O ato normativo destaca o sigilo dos dados e a identificação das vítimas ou testemunhas de crimes que envolvam agentes da Segurança Pública

Presenciar ou ser vítima de um crime e denunciar às autoridades. Na teoria, este é o caminho correto a ser seguido. Na prática, as testemunhas ficam na posição de elo vulnerável, com medo de sofrerem represálias caso 'falem demais', principalmente quando os casos envolvem agentes da Segurança Pública na condição de suspeitos. Com intuito de resguardar vidas e preservar o bom andamento das investigações, a Controladoria Geral de Disciplina dos Órgãos de Segurança Pública e Sistema Penitenciário (CGD) passou a adotar medidas no âmbito disciplinar para proteger testemunhas de casos contra policiais.

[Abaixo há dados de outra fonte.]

-- ===== src/StatusList.antt =====
-- apps/minister/src/lib/status-list/bitstring.ts: the bits of a status list, in bytes, the first
-- bit of a byte being its highest. A throw is `none`.
mod Tests
pub mod Bits
pub mod Publish
pub mod Registry
pub mod Publisher
pub mod Published
pub mod Delivered
pub mod Sweep
pub mod Tombstones
pub mod Revoked
pub mod Steps
use minister.Common.{
  ℕ, ◌+◌, ◌/◌, ◌%◌, ◌^◌, Bool, true, false, Option, none, some, List, [], ◌∷◌, ltb, nat_beq,
  get_elem?, set, replicate, if◌then◌else◌,
}

abbrev pub shard_size_bits : ℕ
shard_size_bits = 8192

abbrev pub shard_size_bytes : ℕ
shard_size_bytes = 1024

abbrev pub new_bitstring : List ℕ
new_bitstring = replicate shard_size_bytes 0

-- `0x80 >> place`
unfoldable pub mask : ℕ → ℕ
mask place = 128 / 2 ^ place

-- `(byte & mask) !== 0`, for a mask of one bit.
unfoldable pub has_bit : ℕ → ℕ → Bool
has_bit byte place = nat_beq ((byte / mask place) % 2) 1

-- `bits[i] ?? 0`
abbrev or_zero : Option ℕ → ℕ
or_zero none = 0
or_zero (some byte) = byte

unfoldable pub byte_at : List ℕ → ℕ → ℕ
byte_at bits i = or_zero (get_elem? bits i)

unfoldable pub get_bit : List ℕ → ℕ → Option Bool
get_bit bits index =
    if ltb index shard_size_bits
    then some (has_bit (byte_at bits (index / 8)) (index % 8))
    else none

-- `prev | mask` is the sum where the bit is clear.
unfoldable pub set_bit : List ℕ → ℕ → Option (Bool × List ℕ)
set_bit bits index =
    let prev = byte_at bits (index / 8) in
    if ltb index shard_size_bits
    then if has_bit prev (index % 8)
      then some (false, bits)
      else some (true, set bits (index / 8) (prev + mask (index % 8)))
    else none

abbrev pub add_changed : Bool → Option (ℕ × List ℕ) → Option (ℕ × List ℕ)
add_changed changed none = none
add_changed changed (some (revoked, bits)) = some ((if changed then 1 else 0) + revoked, bits)

abbrev pub and_then_set :
    Option (Bool × List ℕ) → (List ℕ → Option (ℕ × List ℕ)) → Option (ℕ × List ℕ)
and_then_set none k = none
and_then_set (some (changed, next)) k = add_changed changed (k next)

-- The loop of a publication over the eligible entries: how many bits were clear, and the bits.
unfoldable pub set_bits : List ℕ → List ℕ → Option (ℕ × List ℕ)
set_bits bits [] = some (0, bits)
set_bits bits (index ∷ indices) = and_then_set (set_bit bits index) (λ next. set_bits next indices)
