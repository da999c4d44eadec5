-- ===== src/StatusList/Bits.antt =====
-- Setting a bit sets that bit and no other.
use minister.Common.{
  ℕ, zero, suc, ◌≢◌, ◌+◌, ◌/◌, ◌%◌, ◌<◌, ◌≡◌, refl, false, ◌⊎◌, inl, inr, ◌||◌, List, [], ◌∷◌,
  arith, nat_beq, nat_beq_iff, Bool-cases, length, set, if◌then◌else◌,
}
use minister.StatusList.{mask, has_bit, byte_at}

-- The place and the mask of each bit of a byte.
abbrev IsPlace : ℕ → ℕ → Type 0
IsPlace r m =
    ((r ≡ 0) × (m ≡ 128))
    ⊎ ((r ≡ 1) × (m ≡ 64))
    ⊎ ((r ≡ 2) × (m ≡ 32))
    ⊎ ((r ≡ 3) × (m ≡ 16))
    ⊎ ((r ≡ 4) × (m ≡ 8))
    ⊎ ((r ≡ 5) × (m ≡ 4))
    ⊎ ((r ≡ 6) × (m ≡ 2))
    ⊎ ((r ≡ 7) × (m ≡ 1))

mask-IsPlace : (r : ℕ) → r < 8 → IsPlace r (mask r)
unfolding mask
mask-IsPlace zero h = inl (refl, refl)
mask-IsPlace (suc zero) h = inr (inl (refl, refl))
mask-IsPlace (suc (suc zero)) h = inr (inr (inl (refl, refl)))
mask-IsPlace (suc (suc (suc zero))) h = inr (inr (inr (inl (refl, refl))))
mask-IsPlace (suc (suc (suc (suc zero)))) h = inr (inr (inr (inr (inl (refl, refl)))))
mask-IsPlace (suc (suc (suc (suc (suc zero))))) h = inr (inr (inr (inr (inr (inl (refl, refl))))))
mask-IsPlace (suc (suc (suc (suc (suc (suc zero)))))) h =
    inr (inr (inr (inr (inr (inr (inl (refl, refl)))))))
mask-IsPlace (suc (suc (suc (suc (suc (suc (suc zero))))))) h =
    inr (inr (inr (inr (inr (inr (inr (refl, refl)))))))
mask-IsPlace (suc (suc (suc (suc (suc (suc (suc (suc n)))))))) h = absurd (ground arith)

flip-other :
    (b r s k m : ℕ)
    → IsPlace r k
    → IsPlace s m
    → (b / m) % 2 ≡ 0
    → r ≢ s
    → ((b + m) / k) % 2 ≡ (b / k) % 2
flip-other b r s k m p q h n = ground arith

flip-same : (b s m : ℕ) → IsPlace s m → (b / m) % 2 ≡ 0 → ((b + m) / m) % 2 ≡ 1
flip-same b s m q h = ground arith

pub has_bit-add :
    (b r s : ℕ)
    → r < 8
    → s < 8
    → has_bit b s ≡ false
    → has_bit (b + mask s) r ≡ (nat_beq r s || has_bit b r)
unfolding has_bit
has_bit-add b r s p q h = elim (Bool-cases (nat_beq r s)) [
  | inl same ↦
      let e : r ≡ s = (nat_beq_iff r s).0 same in
      let clear : (b / mask s) % 2 ≡ 0 = ground arith in
      let one = flip-same b s (mask s) (mask-IsPlace s q) clear in rw same (ground (arith, one, e))
  | inr differs ↦
      let clear : (b / mask s) % 2 ≡ 0 = ground arith in
      let kept =
        flip-other b r s (mask r) (mask s) (mask-IsPlace r p) (mask-IsPlace s q) clear
          (ground (arith, nat_beq_iff r s, differs)) in
      rw (differs, kept) refl
]

pub byte_at-set :
    (bits : List ℕ) (i j byte : ℕ)
    → i < length bits
    → byte_at (set bits i byte) j ≡ (if nat_beq i j then byte else byte_at bits j)
unfolding byte_at
byte_at-set [] i j byte h = absurd (ground arith)
byte_at-set (x ∷ bits) zero zero byte h = refl
byte_at-set (x ∷ bits) zero (suc j) byte h = ground arith
byte_at-set (x ∷ bits) (suc i) zero byte h = ground arith
byte_at-set (x ∷ bits) (suc i) (suc j) byte h =
    let rest = byte_at-set bits i j byte (ground arith) in ground (arith, rest)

Conforme normatização publicada no Diário Oficial do Estado (DOE) do Ceará, as vítimas e testemunhas que irão prestar ou já tenham prestado depoimento em procedimentos em trâmite na CGD, ainda não inseridas em programa protetivo e que reclamem de coação ou grave ameaça, devem ser inclusas no Programa de Proteção a Vítimas e Testemunhas Ameaçadas (Provita) ou programas de proteção executados em parceria com o Governo Federal.

O documento prevê que os inseridos nos programas não terão endereços e dados de qualificação lançados nos termos dos seus depoimentos, serão escoltados quando prestarem depoimentos na Controladoria e que "as pessoas que, no exercício de suas funções, tenham qualquer nível de conhecimento dos referidos dados, estão obrigadas a manter sigilo profissional sobre eles, inclusive após o seu desligamento das funções".

Atualmente, conforme a Secretaria de Proteção Social, Justiça, Cidadania, Mulheres e Direitos humanos (SPS) há 58 protegidos no Provita, 46 no Programa de Proteção a Crianças e Adolescentes Ameaçados de Morte (PPCAAM) e 62 no Programa de Proteção aos Defensores de Direitos Humanos (PPDDH).

Nova história

Aqueles que passam por um programa de testemunha afirmam: "a sensação é de não termos feito nada de errado, mas precisamos ficar nos escondendo". A reportagem entrou em contato com uma pessoa ligada a uma das vítimas mortas em intervenção policial neste ano, no Estado do Ceará. A testemunha, que terá sua identidade preservada, conta ter participado do Provita durante alguns meses, mas saiu do programa após o inquérito do caso ser concluído.

"Lá na Controladoria a defensora falou da necessidade de entrar no programa e explicou como funcionava. A gente fica sem telefone, sai do trabalho, pinta cabelo e não pode dar nenhuma notícia a ninguém. O Governo ajudou com roupa, com alimento, com plano de saúde e com um teto. Sei que é bom para proteger, mas quem aguenta passar uma vida assim? É uma vida sem poder ver e falar com mais ninguém da família, sem contato com os amigos", contou o entrevistado.

Apoio

De acordo com a publicação no Diário Oficial, as medidas de proteção são importantes para instrumentalizar a prova testemunhal contra agentes e autoridades públicas, já que outras produções de provas são dificultadas quando servidores estão na condição de suspeito.

"O presente ato normativo tem por finalidade ampliar a proteção à integridade física e moral das vítimas, testemunhas e familiares de vítimas de violência que estiverem sendo coagidas ou expostas à grave ameaça em razão de crime ou desvios de conduta no qual estejam envolvidos ou do qual tenham conhecimento, e que desejem colaborar com as autoridades correicionais desta Controladoria".

Por nota, a CGD se pronunciou acrescentando que as adoções de medidas observam premissa constitucional "pois, ao proteger as pessoas em situação de risco ou ameaça, o Estado garante o objetivo processual, que é a busca pela verdade. Sendo assim, faz-se necessário que haja um amparo legal a essas pessoas que, reiteradamente, sofrem ameaças por terem colaborado com dados importantes para o curso da investigação".